Welcome to a Special Edition Daily Digest!
During Holy Week we have six special Daily Digest Devotions for you. These devotions will be posted at 6am daily from Monday, April 11th through Saturday, April 16th. In addition to the Daily Digest, tune in to Facebook Live each day at noon for a discussion of the day's topic.
When the days drew near for him to be taken up, he set his face to go to Jerusalem. And he sent messengers ahead of him, who went and entered a village of the Samaritans, to make preparations for him. But the people did not receive him, because his face was set toward Jerusalem. And when his disciples James and John saw it, they said, “Lord, do you want us to tell fire to come down from heaven and consume them?” But he turned and rebuked them. And they went on to another village.

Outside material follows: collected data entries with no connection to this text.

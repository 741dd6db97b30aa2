-- ===== src/Args/Slots.antt =====
-- Which places of an array the flags of `GetMultiUInt` and `GetMultiFloat` can name.
use penn_daq.Prelude.{
  ℕ, zero, suc, ◌+◌, ◌-◌, ◌*◌, ◌/◌, ◌%◌, ◌≤◌, ◌<◌, ◌≡◌, refl, List, Option, none, some, arith,
  get_or, ap, ◌∙◌, ◌↔◌, [], ◌∷◌, Bool, true, false, if◌then◌else◌, ◌==◌,
}
use mathlib.Core.Option
use mathlib.Core.Option.{some-injective}
use penn_daq.Args.{digit_loop, slot_of}

-- A loop over digits finds the digit that the byte stands for, if the loop reaches it.
digit_loop-found : (n k c d : ℕ) → digit_loop n k c ≡ some d → (k ≤ d) × (d < k + n) × (c ≡ d + 48)
unfolding digit_loop
digit_loop-found zero k c d e = cc
digit_loop-found (suc n) k c d e =
    by_hit (λ f. digit_loop-found n (suc k) c d f) (c == k + 48) refl e
  where
    by_hit :
        (digit_loop n (suc k) c ≡ some d → (suc k ≤ d) × (d < suc k + n) × (c ≡ d + 48))
        → (b : Bool) → (c == k + 48) ≡ b
        → (if b then some k else digit_loop n (suc k) c) ≡ some d
        → (k ≤ d) × (d < k + suc n) × (c ≡ d + 48)
    by_hit later true t f = let s = some-injective k d f in ground arith
    by_hit later false t f = let r = later f in (omega arith, omega arith, r.2)

slot_of_sound :
    (num : ℕ) (w : List ℕ) (k : ℕ)
    → slot_of num w ≡ some k
    → (k / 10 ≤ num / 10)
      × (k % 10 ≤ num % 10)
      × (get_or w 1 0 ≡ k / 10 + 48)
      × (get_or w 2 0 ≡ k % 10 + 48)
unfolding slot_of
slot_of_sound num w k e = first (digit_loop (suc (num / 10)) 0 (get_or w 1 0)) refl e
  where
    second :
        (i j : ℕ)
        → digit_loop (suc (num / 10)) 0 (get_or w 1 0) ≡ some i
        → digit_loop (suc ((num - i * 10) % 10)) 0 (get_or w 2 0) ≡ some j
        → i * 10 + j ≡ k
        → (k / 10 ≤ num / 10)
          × (k % 10 ≤ num % 10)
          × (get_or w 1 0 ≡ k / 10 + 48)
          × (get_or w 2 0 ≡ k % 10 + 48)
    second i j p q s =
        let f : (0 ≤ i) × (i < 0 + suc (num / 10)) × (get_or w 1 0 ≡ i + 48) =
          digit_loop-found (suc (num / 10)) 0 (get_or w 1 0) i p in
        let g : (0 ≤ j) × (j < 0 + suc ((num - i * 10) % 10)) × (get_or w 2 0 ≡ j + 48) =
          digit_loop-found (suc ((num - i * 10) % 10)) 0 (get_or w 2 0) j q in
        let same : (num - i * 10) % 10 ≡ num % 10 = omega arith in
        let tens : k / 10 ≡ i = omega arith in
        let units : k % 10 ≡ j = omega arith in (omega arith, omega arith, omega arith, omega arith)

    units_of :
        (i : ℕ) (o : Option ℕ)
        → digit_loop (suc (num / 10)) 0 (get_or w 1 0) ≡ some i
        → digit_loop (suc ((num - i * 10) % 10)) 0 (get_or w 2 0) ≡ o
        → Option.map (λ j. i * 10 + j) o ≡ some k
        → (k / 10 ≤ num / 10)
          × (k % 10 ≤ num % 10)
          × (get_or w 1 0 ≡ k / 10 + 48)
          × (get_or w 2 0 ≡ k % 10 + 48)
    units_of i none p q f = cc
    units_of i (some j) p q f = second i j p q (some-injective (i * 10 + j) k f)

    first :
        (o : Option ℕ)
        → digit_loop (suc (num / 10)) 0 (get_or w 1 0) ≡ o
        → elim o as (λ x. Option ℕ) [
          | none ↦ none
          | some i ↦
              Option.map (λ j. i * 10 + j) (digit_loop (suc ((num - i * 10) % 10)) 0 (get_or w 2 0))
        ]
          ≡ some k
        → (k / 10 ≤ num / 10)
          × (k % 10 ≤ num % 10)
          × (get_or w 1 0 ≡ k / 10 + 48)
          × (get_or w 2 0 ≡ k % 10 + 48)
    first none p f = cc
    first (some i) p f =
        units_of i (digit_loop (suc ((num - i * 10) % 10)) 0 (get_or w 2 0)) p refl f

-- A loop over digits that reaches the digit of the byte finds it.
digit_loop-finds : (n k d : ℕ) → k ≤ d → d < k + n → digit_loop n k (d + 48) ≡ some d
unfolding digit_loop
digit_loop-finds zero k d low high = absurd (omega arith)
digit_loop-finds (suc n) k d low high =
    by_hit (λ m. digit_loop-finds n (suc k) d m (omega arith)) (d + 48 == k + 48) refl
  where
    by_hit :
        (suc k ≤ d → digit_loop n (suc k) (d + 48) ≡ some d)
        → (b : Bool) → (d + 48 == k + 48) ≡ b
        → (if b then some k else digit_loop n (suc k) (d + 48)) ≡ some d
    by_hit later true t = ap some (ground arith)
    by_hit later false t = later (ground arith)

slot_of_complete :
    (num : ℕ) (w : List ℕ) (k : ℕ)
    → k / 10 ≤ num / 10
    → k % 10 ≤ num % 10
    → get_or w 1 0 ≡ k / 10 + 48
    → get_or w 2 0 ≡ k % 10 + 48
    → slot_of num w ≡ some k
unfolding slot_of
slot_of_complete num w k tens units first second =
    ap by_tens tens_found
    ∙ ap (Option.map (λ j. k / 10 * 10 + j)) units_found
    ∙ ap some (omega arith)
  where
    by_tens : Option ℕ → Option ℕ
    by_tens none = none
    by_tens (some i) =
        Option.map (λ j. i * 10 + j) (digit_loop (suc ((num - i * 10) % 10)) 0 (get_or w 2 0))

    tens_found : digit_loop (suc (num / 10)) 0 (get_or w 1 0) ≡ some (k / 10)
    tens_found =
        ap (digit_loop (suc (num / 10)) 0) first
        ∙ digit_loop-finds (suc (num / 10)) 0 (k / 10) (omega arith) (omega arith)

    units_found : digit_loop (suc ((num - k / 10 * 10) % 10)) 0 (get_or w 2 0) ≡ some (k % 10)
    units_found =
        ap (digit_loop (suc ((num - k / 10 * 10) % 10)) 0) second
        ∙ digit_loop-finds (suc ((num - k / 10 * 10) % 10)) 0 (k % 10) (omega arith) (omega arith)

-- A word names the place `k` of an array of `num` exactly when its second and third bytes are the two
-- digits of `k`, the first of them at most the first of `num`, and the second at most the second of
-- `num`; so the digits of `num` itself name the place past the end.
pub slot_of-digits :
    (num : ℕ) (w : List ℕ) (k : ℕ)
    → (slot_of num w ≡ some k ↔ (
        (k / 10 ≤ num / 10)
        × (k % 10 ≤ num % 10)
        × (get_or w 1 0 ≡ k / 10 + 48)
        × (get_or w 2 0 ≡ k % 10 + 48)))
      × (slot_of num (0 ∷ (num / 10 + 48) ∷ (num % 10 + 48) ∷ []) ≡ some num)
slot_of-digits num w k = (
  (slot_of_sound num w k, λ h. slot_of_complete num w k h.0 h.1 h.2 h.3),
  slot_of_complete num (0 ∷ (num / 10 + 48) ∷ (num % 10 + 48) ∷ []) num (omega arith) (omega arith)
      refl refl,
)
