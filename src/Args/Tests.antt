-- ===== src/Args/Tests.antt =====
-- Concrete lines.
use penn_daq.Prelude.{
  ℕ, ◌+◌, ◌↔◌, ◌/◌, ◌%◌, ◌≤◌, ◌≡◌, refl, List, [], ◌∷◌, ◌++◌, none, some, codes, length, get_or,
  true,
}
use penn_daq.Args.{
  Conversions, tokens, is_flag, slot_of, converted, get_int, get_flag, get_multi_uint,
}
use penn_daq.Args.Laws.{join, words_of, lookup, get_int-args}
use penn_daq.Args.Slots.{slot_of-digits}

-- Conversions that give the length of the text.
abbrev lengths : Conversions ℕ
lengths = record { atoi = length; strtoul = length; strtoull = length; strtod = length }

abbrev some_args : List (ℕ × List ℕ)
some_args = (b'c', codes "12") ∷ (b's', codes "7") ∷ []

get_int-args_example :
    get_int lengths (codes "fr" ++ join (words_of some_args)) b's' 13
    ≡ converted length 13 (lookup b's' some_args)
get_int-args_example =
    get_int-args lengths (codes "fr") some_args b's' 13 ((refl, (refl, tt)), refl)
      ((refl, ((refl, (refl, tt)), refl)), ((refl, ((refl, tt), refl)), tt))

slot_ten : slot_of 20 (codes "-10") ≡ some 10
unfolding slot_of
slot_ten = refl

slot_of-digits_example :
    (slot_of 20 (codes "-10") ≡ some 10 ↔ (
      (10 / 10 ≤ 20 / 10)
      × (10 % 10 ≤ 20 % 10)
      × (get_or (codes "-10") 1 0 ≡ 10 / 10 + 48)
      × (get_or (codes "-10") 2 0 ≡ 10 % 10 + 48)))
    × (slot_of 20 (0 ∷ (20 / 10 + 48) ∷ (20 % 10 + 48) ∷ []) ≡ some 20)
slot_of-digits_example = slot_of-digits 20 (codes "-10") 10

-- A mask for crate 5 alone is not read, and one for crate 20 is written past the array.
slot_five : slot_of 20 (codes "-05") ≡ none
unfolding slot_of
slot_five = refl

past_the_end : get_multi_uint lengths (codes "find_noise -20 1") 20 b's' 0 ≡ none
unfolding get_multi_uint tokens slot_of
past_the_end = refl

flag_found : get_flag (codes "fr -h") b'h' ≡ true
unfolding get_flag tokens is_flag
flag_found = refl
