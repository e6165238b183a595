-- ===== src/SessionTests.antt =====
-- Concrete runs of the prompts and turn results of internal/session, and the theorems about them at inputs that meet
-- their hypotheses.
use ferngeist_acp_gateway.Prelude.{
  ◌≤◌, ◌≡◌, refl, true, false, none, String, List, [], ◌∷◌, arith, by_text, length,
}
use ferngeist_acp_gateway.Prelude.Int.{pos}
use ferngeist_acp_gateway.Map
use ferngeist_acp_gateway.Session.TurnResults.{
  TurnResult, TurnResults, Call as ResultCall, stores, run as run_results, take_turn_result,
  owed_after, run-take_turn_result,
}
use ferngeist_acp_gateway.Session.Prompts.{
  new_delivered_prompts, max_delivered_prompts, contains_id, delete_all, drop_first, claim, forget,
  release, drop_duplicate_prompt,
}
use ferngeist_acp_gateway.Session.Prompts.Bounds.{
  Call, claims, releases, step, run, recorded, run-recorded_bounded,
}
use ferngeist_acp_gateway.Session.Prompts.Repeats.{
  claims_of, releases_of, claim-run-claim, release-claim,
}

-- Opens every operation, for the runs below.
prompt_runs : Unit {0}
unfolding new_delivered_prompts contains_id delete_all drop_first claim forget release
    drop_duplicate_prompt step run claims_of releases_of Map.empty Map.lookup Map.insert
prompt_runs = tt

abbrev chat : List Call
chat = claims "s1" "p2" ∷ claims "s2" "p1" ∷ releases "s1" "p2" ∷ claims "s1" "p3" ∷ []

two_recorded : recorded "s1" (run new_delivered_prompts chat) ≡ "p3" ∷ []
unfolding prompt_runs
two_recorded = refl

run-recorded_bounded_example :
    length (recorded "s1" (run new_delivered_prompts chat)) ≤ max_delivered_prompts
run-recorded_bounded_example = run-recorded_bounded chat "s1"

claim-run-claim_example :
    (claim "s1" "p1" (run (claim "s1" "p1" new_delivered_prompts).0 chat)).1 ≡ false
unfolding prompt_runs
claim-run-claim_example =
    claim-run-claim "s1" "p1" new_delivered_prompts chat (run-recorded_bounded [])
      (λ e. ground (arith, by_text.same_key_iff "p1" "")) refl (omega arith) refl

release-claim_example :
    (claim "s1" "p3" (release "s1" "p3" (run new_delivered_prompts chat))).1 ≡ true
release-claim_example = release-claim "s1" "p3" (run new_delivered_prompts chat)

abbrev ended : String → TurnResult String
ended stop_reason = record { stop_reason = stop_reason; usage = none; duration_ms = pos 12 }

abbrev no_results : TurnResults String
no_results = record { results = Map.empty }

abbrev missed : List (ResultCall String)
missed =
    stores "s1" (ended "refusal")
    ∷ stores "s1" (ended "end_turn")
    ∷ stores "s2" (ended "cancelled")
    ∷ []

run-take_turn_result_example :
    (take_turn_result "s1" (run_results no_results missed)).1
    ≡ owed_after "s1" (Map.lookup "s1" no_results.results) missed
run-take_turn_result_example = run-take_turn_result "s1" no_results missed
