-- ===== src/Storage.antt =====
-- internal/storage: the daemon's SQLite database. So far the table of pairings.
pub mod Pairings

On more than one occasion, I have asked God why He no longer lets us strike down our enemies. I have prayed prayers of death and destruction, which unsurprisingly continue to go unanswered. I have struggled when God allows those who have inflicted pain on me to get away unscathed. I have often wished that the call to follow Jesus was easier, especially when it comes to loving my enemies. But that is my agenda and not Jesus'.
Jesus' mission has always been "to seek and to save the lost," to heal the brokenhearted, and to bring those who are far away near to Himself. It's clear Jesus took this mission seriously. The Hebrew idiom "to set one's face" means that Jesus made an internal commitment to go to Jerusalem. He knew that His mission would be won on the cross, so He committed to seeing it through. Though Jesus' disciples failed to understand His mission and Samaritan villages rejected Him, nothing could set Him off course.
To the contemporary reader, Jesus' choice to travel through Samaritan villages may seem like no big deal, but to the first century Jew, it could have meant war. Samaritans and Jews not only hated each other, but they also both believed that they possessed the exclusive place where Yahweh could be worshipped. For the Samaritans, it was Mount Gerizim. For the Jews, it was Jerusalem. So it makes sense why the Samaritans would have refused to welcome travelers heading to Jerusalem. What neither the Samaritans nor Jesus' Jewish disciples realized is that Jesus was heading to Jerusalem to die for our sins, so that members from both groups could become Yahweh's children and belong to one family.
It's so unnatural to consider an enemy becoming family. We are naturally like James and John: quick to defend Jesus in our own way and slow to love our enemy in His way. Yet—if we follow Jesus—then His mission to save the lost is our mission, His prerogative to bring healing is our prerogative, and His heart to reconcile enemies needs to be our heart. So, Jesus often rebukes us like He rebuked James and John. He rebukes and then carries on, patiently inviting us to continue following Him. He is as patient with us bull-headed followers as He is with those who are still in darkness. Thankfully, His choice is to keep moving to the next village, so that He can fulfill His mission to seek and to save, to redeem and reconcile so that all of us can become and belong.
Who do you find hard to love?
How might the Holy Spirit be calling you to love that person?
What about our call and mission as followers of Jesus do you find difficult?
What assumptions about or prejudices toward others is Jesus calling you to lay down so that you can follow Him to the cross?